Wien - Wenn fünf Studierende versuchsweise einen Patienten abhorchen oder eine Patientin abklopfen oder sich sonst wie an ihm oder ihr zu schaffen machen oder einfach nur um das Bett herumstehen und zuschauen, dann geht das ja noch. "Aber wenn sie 25-mal abgehorcht werden, dann werden auch die Patienten aufbegehren", warnt der Betriebsratsvorsitzende der Medizin-Uni Innsbruck, Martin Tiefenthaler. Das nämlich könnte passieren, wenn - wie von SPÖ, Grünen und FPÖ noch vor der Wahl beschlossen - die Medizin-Studienplätze bis 2011 wirklich um 1050 auf 2400 aufgestockt werden sollten. Denn irgendwie müssen die angehenden Mediziner ja ihren Job lernen, auch am lebenden Objekt.

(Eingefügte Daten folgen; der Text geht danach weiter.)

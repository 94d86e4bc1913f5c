-- ===== src/Slab/Heap/Tests.antt =====
-- A heap of one slab, runs of slab.c on it, and the theorems at it.
use os_course_term.Common.{
  ◌-◌, ◌^◌, ◌≡◌, ◌≤◌, ℕ, ◌⊎◌, refl, arith, false, [], ◌∷◌, ok, died, pos, Returns, Ends, land64,
  land,
}
use os_course_term.Buddy.Tests.{all_used, all_used_pool, all_used-IsValid}
use os_course_term.Buddy.{last_lev_start}
use os_course_term.Memory.{va}
use os_course_term.Memory.Calls.{IsReady}
use os_course_term.Slab.Tests.{two, half_free, half_free-IsSlab, memory_of}
use os_course_term.Slab.{align_by}
use os_course_term.Slab.Free.{item_at}
use os_course_term.Slab.Layout.{IsLayout}
use os_course_term.Slab.Allocator.{
  SlabHeap, slab_allocator_alloc, slab_allocator_free, slab_allocator_init, slab_allocator_deinit,
}
use os_course_term.Slab.Heap.Invariant.{HeapView, is_used, IsHeap}
use os_course_term.Slab.Heap.Alloc.{Allocates, Stays, slab_allocator_alloc-IsHeap}
use os_course_term.Slab.Heap.Free.{Released, slab_allocator_free-IsHeap, slab_allocator_free-twice}
use os_course_term.Slab.Heap.Partial.{OutOfMemory}
use os_course_term.Slab.Heap.Setup.{
  empty_view, SomeUsed, slab_allocator_init-IsHeap, slab_allocator_deinit-used,
}

-- The slab is the block at 2^30, which is all of the memory.
abbrev one_slab : SlabHeap
one_slab = record {
  slabs = λ p. half_free;
  layout = two;
  partials = va (2 ^ 30);
  fulls_cnt = pos 0;
  lock = record { locked = 0; owner = 0 };
  phys = memory_of all_used;
}

abbrev one_view : HeapView
one_view = record { partial = va (2 ^ 30) ∷ []; full = []; free = λ p. 1 ∷ [] }

used-IsReady : IsReady (memory_of all_used)
used-IsReady = record {
  pool = all_used_pool;
  valid = all_used-IsValid;
  aligned = refl;
  small = omega arith;
  mine = refl;
}

one_slab-IsHeap : IsHeap one_slab one_view
one_slab-IsHeap = record {
  store = record {
    linked = (refl, refl, refl);
    distinct = (refl, (refl, tt));
    fulls = tt;
    apart = λ p g. refl;
    slab = λ p g. half_free-IsSlab;
    block = λ p g.
        let at : p ≡ va (2 ^ 30) = ground arith in
        rw at (
          record { leaf = last_lev_start; used = omega arith; at = refl; wide = omega arith },
          refl,
        );
    counted = refl;
    sound = record {
      some = omega arith;
      few = omega arith;
      sized = omega arith;
      room = omega arith;
      block = (omega arith, omega arith);
    };
    ready = used-IsReady;
    low = omega arith;
  };
  tidy = record { partial = λ p g. (omega arith, omega arith); full = λ p g. absurd (cc) };
  mine = refl;
}

slab_allocator_alloc-IsHeap_example :
    Ends
      (OutOfMemory one_slab one_view)
      (λ ptr h'.
        (v' : HeapView) × IsHeap h' v' × Allocates one_slab one_view ptr v' × Stays one_slab h')
      (slab_allocator_alloc one_slab)
slab_allocator_alloc-IsHeap_example = slab_allocator_alloc-IsHeap one_slab one_view one_slab-IsHeap

slab_allocator_free-IsHeap_example :
    Returns
      (λ _ h'. Released one_slab one_view (va (2 ^ 30)) 0 h')
      (slab_allocator_free (item_at two (va (2 ^ 30)) 0) one_slab)
slab_allocator_free-IsHeap_example =
    slab_allocator_free-IsHeap one_slab one_view (va (2 ^ 30)) 0 one_slab-IsHeap refl

slab_allocator_free-twice_example :
    slab_allocator_free (item_at two (va (2 ^ 30)) 1) one_slab ≡ died
slab_allocator_free-twice_example =
    slab_allocator_free-twice one_slab one_view (va (2 ^ 30)) 1 one_slab-IsHeap refl refl

eight : land64 8 (8 - 1) ≡ 0
unfolding land
eight = refl

slab_allocator_init-IsHeap_example :
    Returns
      (λ _ h'.
        IsHeap h' empty_view × IsLayout (align_by 44 8) 8 h'.layout × (44 ≤ h'.layout.item_size))
      (slab_allocator_init 44 8 one_slab)
slab_allocator_init-IsHeap_example =
    slab_allocator_init-IsHeap one_slab 44 8 (omega arith) (omega arith) (omega arith) (omega arith)
      eight used-IsReady (omega arith)

slab_allocator_deinit-used_example :
    ((slab_allocator_deinit one_slab ≡ ok tt one_slab)
      × ((p id : ℕ) → is_used 2 one_view p id ≡ false))
    ⊎ ((slab_allocator_deinit one_slab ≡ died) × SomeUsed one_slab one_view)
slab_allocator_deinit-used_example = slab_allocator_deinit-used one_slab one_view one_slab-IsHeap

Mit den bestehenden Kapazitäten der drei Medizin-Universitäten in Wien, Graz und Innsbruck seien die zusätzlichen Studierenden aber nicht adäquat auszubilden, warnen Med-Uni-Vertreter. "Die Erhöhung der Plätze wird eine Verschlechterung der Ausbildung bringen, wenn nicht ausreichend finanziert wird", sagt Tiefenthaler.
Derzeit arbeiteten die Med-Unis "mit einem sehr ambitionierten Studienplan", der auf frühen Patientenkontakt und viel Kleingruppenunterricht setze. Es mache einen großen Unterschied, ob er im Praktikum für Innere Medizin fünf statt drei Studierenden beibringen muss, wie eine klinische Untersuchung geht: "Da kommt man mit fünf schon an die Grenzen. Wenn ich acht oder zehn Studierende habe, wird es schwierig", begründet Tiefenthaler seine Sorgen.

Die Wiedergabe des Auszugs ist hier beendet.